Task objective: Look through the listing below for the word "antt" and copy every line where it occurs.

Provided records:

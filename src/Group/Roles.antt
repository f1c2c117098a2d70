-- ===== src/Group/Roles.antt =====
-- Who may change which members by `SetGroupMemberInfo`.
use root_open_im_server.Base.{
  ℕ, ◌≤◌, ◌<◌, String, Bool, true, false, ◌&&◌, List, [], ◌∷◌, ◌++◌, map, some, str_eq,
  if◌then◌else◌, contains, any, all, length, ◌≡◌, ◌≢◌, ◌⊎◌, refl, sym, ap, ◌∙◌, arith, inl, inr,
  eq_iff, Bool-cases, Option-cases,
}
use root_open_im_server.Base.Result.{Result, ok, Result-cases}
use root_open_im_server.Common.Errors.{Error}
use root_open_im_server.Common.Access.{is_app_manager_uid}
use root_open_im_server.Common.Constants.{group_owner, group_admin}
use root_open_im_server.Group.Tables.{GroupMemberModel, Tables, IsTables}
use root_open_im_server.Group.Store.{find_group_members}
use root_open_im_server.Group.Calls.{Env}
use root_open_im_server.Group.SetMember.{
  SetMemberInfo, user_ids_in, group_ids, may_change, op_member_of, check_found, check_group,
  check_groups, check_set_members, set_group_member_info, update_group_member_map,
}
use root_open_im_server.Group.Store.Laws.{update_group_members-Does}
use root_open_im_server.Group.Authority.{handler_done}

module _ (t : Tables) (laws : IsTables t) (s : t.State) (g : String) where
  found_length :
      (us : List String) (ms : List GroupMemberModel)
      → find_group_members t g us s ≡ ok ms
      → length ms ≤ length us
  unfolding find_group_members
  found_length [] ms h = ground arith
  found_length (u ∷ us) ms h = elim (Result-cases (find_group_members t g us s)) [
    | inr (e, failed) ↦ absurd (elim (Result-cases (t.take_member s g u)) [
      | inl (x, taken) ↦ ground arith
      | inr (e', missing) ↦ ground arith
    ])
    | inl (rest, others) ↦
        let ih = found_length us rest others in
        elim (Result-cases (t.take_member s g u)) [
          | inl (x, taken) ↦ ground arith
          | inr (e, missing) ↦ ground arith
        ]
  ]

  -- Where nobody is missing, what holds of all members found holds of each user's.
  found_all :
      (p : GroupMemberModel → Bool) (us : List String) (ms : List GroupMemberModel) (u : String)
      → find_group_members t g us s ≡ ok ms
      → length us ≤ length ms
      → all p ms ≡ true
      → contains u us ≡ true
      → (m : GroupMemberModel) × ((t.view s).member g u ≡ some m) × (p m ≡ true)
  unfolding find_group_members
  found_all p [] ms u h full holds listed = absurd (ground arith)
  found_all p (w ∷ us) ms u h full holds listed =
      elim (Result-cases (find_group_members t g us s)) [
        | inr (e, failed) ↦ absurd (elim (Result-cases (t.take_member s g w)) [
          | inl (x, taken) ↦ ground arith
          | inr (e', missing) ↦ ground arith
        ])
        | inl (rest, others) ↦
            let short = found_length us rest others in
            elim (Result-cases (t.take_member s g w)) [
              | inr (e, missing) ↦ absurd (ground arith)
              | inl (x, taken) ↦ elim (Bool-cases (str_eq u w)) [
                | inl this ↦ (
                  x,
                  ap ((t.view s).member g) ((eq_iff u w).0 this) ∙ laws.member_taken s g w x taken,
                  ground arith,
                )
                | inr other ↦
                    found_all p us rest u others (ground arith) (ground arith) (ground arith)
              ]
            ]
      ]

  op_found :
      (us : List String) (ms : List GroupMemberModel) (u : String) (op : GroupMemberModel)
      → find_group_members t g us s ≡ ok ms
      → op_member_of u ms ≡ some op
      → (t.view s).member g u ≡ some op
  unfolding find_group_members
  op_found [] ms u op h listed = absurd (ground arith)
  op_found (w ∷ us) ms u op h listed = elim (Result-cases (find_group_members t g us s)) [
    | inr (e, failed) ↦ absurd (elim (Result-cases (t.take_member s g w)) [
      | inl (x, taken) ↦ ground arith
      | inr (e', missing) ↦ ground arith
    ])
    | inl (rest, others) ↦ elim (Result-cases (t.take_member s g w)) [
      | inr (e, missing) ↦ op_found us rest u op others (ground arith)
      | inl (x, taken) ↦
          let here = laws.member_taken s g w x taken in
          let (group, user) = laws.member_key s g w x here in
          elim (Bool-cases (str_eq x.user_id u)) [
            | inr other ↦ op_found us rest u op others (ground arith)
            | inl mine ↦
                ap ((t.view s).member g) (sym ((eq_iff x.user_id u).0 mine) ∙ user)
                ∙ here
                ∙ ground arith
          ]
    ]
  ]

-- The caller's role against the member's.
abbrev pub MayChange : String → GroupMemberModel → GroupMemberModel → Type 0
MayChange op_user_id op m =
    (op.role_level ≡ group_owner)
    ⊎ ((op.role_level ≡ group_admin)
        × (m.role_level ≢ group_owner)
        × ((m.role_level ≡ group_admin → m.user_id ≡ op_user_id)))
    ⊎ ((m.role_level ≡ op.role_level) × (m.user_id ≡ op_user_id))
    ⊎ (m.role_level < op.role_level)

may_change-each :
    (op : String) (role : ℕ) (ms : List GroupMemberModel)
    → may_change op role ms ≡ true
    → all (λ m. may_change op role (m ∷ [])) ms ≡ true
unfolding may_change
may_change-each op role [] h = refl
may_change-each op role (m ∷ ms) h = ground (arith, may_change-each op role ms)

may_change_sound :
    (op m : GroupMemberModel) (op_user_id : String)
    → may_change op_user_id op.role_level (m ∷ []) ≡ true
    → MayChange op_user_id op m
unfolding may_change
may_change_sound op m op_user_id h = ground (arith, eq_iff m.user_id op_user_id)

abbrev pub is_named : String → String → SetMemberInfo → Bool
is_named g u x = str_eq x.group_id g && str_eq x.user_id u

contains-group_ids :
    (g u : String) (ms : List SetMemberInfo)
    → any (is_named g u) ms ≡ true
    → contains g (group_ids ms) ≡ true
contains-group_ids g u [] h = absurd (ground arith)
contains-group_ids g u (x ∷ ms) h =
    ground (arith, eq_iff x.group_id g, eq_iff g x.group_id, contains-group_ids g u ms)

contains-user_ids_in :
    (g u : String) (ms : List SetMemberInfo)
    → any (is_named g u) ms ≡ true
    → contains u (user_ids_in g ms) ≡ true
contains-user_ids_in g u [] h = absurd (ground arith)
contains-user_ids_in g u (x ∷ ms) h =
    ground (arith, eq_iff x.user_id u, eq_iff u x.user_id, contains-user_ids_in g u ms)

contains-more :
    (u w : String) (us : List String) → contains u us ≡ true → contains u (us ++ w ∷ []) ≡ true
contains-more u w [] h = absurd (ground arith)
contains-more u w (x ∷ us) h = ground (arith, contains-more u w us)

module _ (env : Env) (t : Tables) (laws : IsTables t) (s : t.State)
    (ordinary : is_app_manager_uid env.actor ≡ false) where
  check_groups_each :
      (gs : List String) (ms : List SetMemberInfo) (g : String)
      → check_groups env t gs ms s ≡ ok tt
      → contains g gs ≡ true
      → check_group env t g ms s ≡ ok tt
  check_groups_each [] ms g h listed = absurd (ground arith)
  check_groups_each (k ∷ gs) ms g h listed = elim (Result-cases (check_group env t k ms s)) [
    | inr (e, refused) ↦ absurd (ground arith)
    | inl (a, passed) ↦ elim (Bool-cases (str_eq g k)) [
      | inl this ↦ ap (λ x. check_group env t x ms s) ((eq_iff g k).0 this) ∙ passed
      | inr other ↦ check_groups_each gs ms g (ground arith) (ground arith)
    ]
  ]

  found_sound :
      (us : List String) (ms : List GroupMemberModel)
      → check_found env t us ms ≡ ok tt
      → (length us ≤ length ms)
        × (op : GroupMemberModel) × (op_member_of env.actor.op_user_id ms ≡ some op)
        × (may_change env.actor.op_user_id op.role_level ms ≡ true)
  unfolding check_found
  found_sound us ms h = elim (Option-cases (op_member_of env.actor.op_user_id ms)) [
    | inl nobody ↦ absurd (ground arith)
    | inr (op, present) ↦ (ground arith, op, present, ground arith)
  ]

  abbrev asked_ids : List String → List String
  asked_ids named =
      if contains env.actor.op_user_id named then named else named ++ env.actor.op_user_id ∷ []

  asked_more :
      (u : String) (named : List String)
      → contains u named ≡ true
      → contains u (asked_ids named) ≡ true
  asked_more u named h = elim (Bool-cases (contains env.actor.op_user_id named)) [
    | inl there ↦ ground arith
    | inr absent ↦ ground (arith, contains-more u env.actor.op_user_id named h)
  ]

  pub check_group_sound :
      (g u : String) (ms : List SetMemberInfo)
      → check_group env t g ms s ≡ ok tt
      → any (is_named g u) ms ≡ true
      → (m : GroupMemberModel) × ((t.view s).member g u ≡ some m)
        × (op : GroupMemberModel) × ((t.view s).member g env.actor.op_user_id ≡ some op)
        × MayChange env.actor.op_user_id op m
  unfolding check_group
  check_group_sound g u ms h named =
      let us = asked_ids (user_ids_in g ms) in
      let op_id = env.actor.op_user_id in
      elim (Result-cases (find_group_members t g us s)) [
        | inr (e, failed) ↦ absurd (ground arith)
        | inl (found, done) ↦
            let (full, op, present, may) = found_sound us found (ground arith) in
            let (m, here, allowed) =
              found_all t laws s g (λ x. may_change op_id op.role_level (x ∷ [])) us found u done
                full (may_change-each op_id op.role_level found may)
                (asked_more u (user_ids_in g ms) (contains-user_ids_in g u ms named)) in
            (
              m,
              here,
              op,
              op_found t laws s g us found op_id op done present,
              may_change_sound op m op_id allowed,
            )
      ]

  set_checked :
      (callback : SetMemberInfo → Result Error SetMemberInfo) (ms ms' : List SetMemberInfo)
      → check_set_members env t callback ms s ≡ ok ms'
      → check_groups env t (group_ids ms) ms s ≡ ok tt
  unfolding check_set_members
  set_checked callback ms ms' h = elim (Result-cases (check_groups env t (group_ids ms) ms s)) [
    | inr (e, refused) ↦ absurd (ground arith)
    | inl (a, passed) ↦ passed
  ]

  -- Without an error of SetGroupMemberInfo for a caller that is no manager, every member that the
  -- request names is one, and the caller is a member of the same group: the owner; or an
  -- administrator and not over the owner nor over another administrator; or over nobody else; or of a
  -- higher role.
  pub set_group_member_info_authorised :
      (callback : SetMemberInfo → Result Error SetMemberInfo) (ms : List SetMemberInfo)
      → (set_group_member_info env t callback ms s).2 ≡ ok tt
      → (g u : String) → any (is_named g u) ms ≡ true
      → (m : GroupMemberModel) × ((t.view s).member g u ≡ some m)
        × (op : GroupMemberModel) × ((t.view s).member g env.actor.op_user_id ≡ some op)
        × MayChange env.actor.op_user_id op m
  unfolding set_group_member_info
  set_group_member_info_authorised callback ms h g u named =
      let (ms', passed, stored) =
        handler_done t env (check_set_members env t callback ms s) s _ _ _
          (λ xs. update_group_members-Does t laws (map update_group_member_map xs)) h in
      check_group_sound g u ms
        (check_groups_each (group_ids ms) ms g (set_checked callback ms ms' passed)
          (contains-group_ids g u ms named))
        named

==

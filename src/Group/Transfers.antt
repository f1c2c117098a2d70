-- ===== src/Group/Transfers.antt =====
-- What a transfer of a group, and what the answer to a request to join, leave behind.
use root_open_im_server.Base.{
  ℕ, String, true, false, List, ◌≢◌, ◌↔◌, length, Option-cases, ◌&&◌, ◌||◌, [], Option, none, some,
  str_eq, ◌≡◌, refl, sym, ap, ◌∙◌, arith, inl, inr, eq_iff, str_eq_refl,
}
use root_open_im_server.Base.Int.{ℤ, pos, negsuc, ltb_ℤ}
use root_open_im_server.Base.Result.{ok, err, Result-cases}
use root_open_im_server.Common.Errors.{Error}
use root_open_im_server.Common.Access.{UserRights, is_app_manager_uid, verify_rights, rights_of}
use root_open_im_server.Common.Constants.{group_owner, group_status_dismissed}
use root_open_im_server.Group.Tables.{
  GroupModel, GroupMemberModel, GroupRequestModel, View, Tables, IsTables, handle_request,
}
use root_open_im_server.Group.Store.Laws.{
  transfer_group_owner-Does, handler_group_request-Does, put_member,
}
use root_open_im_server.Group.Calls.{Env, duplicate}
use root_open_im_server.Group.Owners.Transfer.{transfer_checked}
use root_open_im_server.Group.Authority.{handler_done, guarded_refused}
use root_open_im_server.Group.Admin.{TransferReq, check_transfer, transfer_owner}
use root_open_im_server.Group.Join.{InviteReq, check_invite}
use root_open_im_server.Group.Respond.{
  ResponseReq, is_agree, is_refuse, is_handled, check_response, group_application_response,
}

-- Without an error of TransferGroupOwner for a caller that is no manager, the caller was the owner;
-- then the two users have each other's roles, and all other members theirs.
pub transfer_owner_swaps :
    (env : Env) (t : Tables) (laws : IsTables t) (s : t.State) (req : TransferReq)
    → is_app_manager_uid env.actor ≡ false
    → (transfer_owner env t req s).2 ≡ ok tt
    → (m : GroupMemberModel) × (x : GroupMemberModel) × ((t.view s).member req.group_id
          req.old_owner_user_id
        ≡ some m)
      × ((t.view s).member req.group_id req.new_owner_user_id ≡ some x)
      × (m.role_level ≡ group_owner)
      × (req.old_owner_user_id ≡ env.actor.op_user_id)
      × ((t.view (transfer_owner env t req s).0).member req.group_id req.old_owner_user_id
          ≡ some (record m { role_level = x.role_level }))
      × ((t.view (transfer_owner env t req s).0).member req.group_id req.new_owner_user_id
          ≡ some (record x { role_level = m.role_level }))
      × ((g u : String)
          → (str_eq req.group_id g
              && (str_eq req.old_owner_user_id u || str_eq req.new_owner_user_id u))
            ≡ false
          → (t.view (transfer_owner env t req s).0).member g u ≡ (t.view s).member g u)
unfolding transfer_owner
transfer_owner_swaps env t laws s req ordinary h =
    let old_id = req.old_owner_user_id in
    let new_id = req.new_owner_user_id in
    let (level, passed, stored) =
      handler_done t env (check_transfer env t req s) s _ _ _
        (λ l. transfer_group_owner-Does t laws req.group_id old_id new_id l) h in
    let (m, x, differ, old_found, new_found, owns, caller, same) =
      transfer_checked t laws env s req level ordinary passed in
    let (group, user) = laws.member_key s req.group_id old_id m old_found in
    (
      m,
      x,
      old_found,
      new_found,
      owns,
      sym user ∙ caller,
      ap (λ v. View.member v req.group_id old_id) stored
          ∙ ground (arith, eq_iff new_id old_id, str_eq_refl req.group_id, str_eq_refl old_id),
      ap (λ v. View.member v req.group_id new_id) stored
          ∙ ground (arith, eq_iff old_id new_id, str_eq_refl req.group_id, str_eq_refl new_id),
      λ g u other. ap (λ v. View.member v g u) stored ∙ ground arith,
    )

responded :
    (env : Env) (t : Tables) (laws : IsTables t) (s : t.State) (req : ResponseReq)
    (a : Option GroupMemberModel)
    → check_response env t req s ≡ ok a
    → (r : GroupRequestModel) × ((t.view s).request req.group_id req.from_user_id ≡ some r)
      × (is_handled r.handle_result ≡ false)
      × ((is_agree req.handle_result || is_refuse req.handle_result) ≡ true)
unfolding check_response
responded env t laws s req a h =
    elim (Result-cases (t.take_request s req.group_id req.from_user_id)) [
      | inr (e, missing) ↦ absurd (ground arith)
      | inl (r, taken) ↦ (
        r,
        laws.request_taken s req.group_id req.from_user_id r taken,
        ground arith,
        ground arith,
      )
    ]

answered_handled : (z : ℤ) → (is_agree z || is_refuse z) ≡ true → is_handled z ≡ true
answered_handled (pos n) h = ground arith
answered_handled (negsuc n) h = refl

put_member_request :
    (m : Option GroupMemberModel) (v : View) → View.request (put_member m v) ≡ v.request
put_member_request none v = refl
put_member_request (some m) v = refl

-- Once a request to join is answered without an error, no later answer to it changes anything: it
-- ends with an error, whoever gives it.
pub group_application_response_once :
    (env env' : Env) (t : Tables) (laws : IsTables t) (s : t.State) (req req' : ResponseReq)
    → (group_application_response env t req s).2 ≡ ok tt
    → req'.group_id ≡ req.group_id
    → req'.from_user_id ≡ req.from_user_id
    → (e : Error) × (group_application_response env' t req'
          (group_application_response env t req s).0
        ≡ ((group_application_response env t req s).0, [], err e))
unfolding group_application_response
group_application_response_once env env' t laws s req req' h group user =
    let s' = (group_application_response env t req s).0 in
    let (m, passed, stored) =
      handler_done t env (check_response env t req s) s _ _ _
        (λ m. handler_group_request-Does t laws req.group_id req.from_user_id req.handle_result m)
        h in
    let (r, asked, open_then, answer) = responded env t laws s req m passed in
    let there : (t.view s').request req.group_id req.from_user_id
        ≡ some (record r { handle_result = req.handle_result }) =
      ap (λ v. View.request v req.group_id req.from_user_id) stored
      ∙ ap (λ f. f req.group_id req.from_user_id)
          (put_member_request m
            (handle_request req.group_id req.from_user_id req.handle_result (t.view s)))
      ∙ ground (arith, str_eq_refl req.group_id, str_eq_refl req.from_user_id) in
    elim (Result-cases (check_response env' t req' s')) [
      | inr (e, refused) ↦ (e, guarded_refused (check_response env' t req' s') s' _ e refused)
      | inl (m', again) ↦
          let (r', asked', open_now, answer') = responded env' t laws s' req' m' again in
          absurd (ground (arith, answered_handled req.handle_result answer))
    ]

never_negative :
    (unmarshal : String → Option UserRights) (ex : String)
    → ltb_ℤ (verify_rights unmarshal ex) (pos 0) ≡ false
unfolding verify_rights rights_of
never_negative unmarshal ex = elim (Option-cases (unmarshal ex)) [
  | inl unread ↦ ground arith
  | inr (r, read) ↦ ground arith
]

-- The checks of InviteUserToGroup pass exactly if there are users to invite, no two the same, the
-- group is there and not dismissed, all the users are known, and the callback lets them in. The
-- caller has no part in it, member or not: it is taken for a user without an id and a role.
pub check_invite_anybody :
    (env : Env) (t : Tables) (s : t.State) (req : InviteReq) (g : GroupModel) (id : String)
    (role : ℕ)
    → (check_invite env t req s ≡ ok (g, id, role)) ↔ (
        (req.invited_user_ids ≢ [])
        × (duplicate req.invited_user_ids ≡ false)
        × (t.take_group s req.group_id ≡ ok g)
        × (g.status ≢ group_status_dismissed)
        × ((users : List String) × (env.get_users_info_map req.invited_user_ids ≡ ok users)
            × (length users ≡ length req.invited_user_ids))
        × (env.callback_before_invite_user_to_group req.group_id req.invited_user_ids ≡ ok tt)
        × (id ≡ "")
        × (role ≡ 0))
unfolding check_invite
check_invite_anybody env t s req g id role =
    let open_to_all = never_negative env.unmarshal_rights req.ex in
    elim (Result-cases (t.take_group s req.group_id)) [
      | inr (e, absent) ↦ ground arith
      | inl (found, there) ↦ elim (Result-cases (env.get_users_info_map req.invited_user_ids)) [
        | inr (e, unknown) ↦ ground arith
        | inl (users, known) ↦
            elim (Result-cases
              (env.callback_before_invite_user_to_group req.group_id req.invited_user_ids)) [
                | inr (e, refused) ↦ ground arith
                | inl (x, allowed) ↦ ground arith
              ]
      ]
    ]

Result of the task:
filename src/Group/Roles.antt
-- ===== src/Group/Roles.antt =====
filename src/Group/Transfers.antt
-- ===== src/Group/Transfers.antt =====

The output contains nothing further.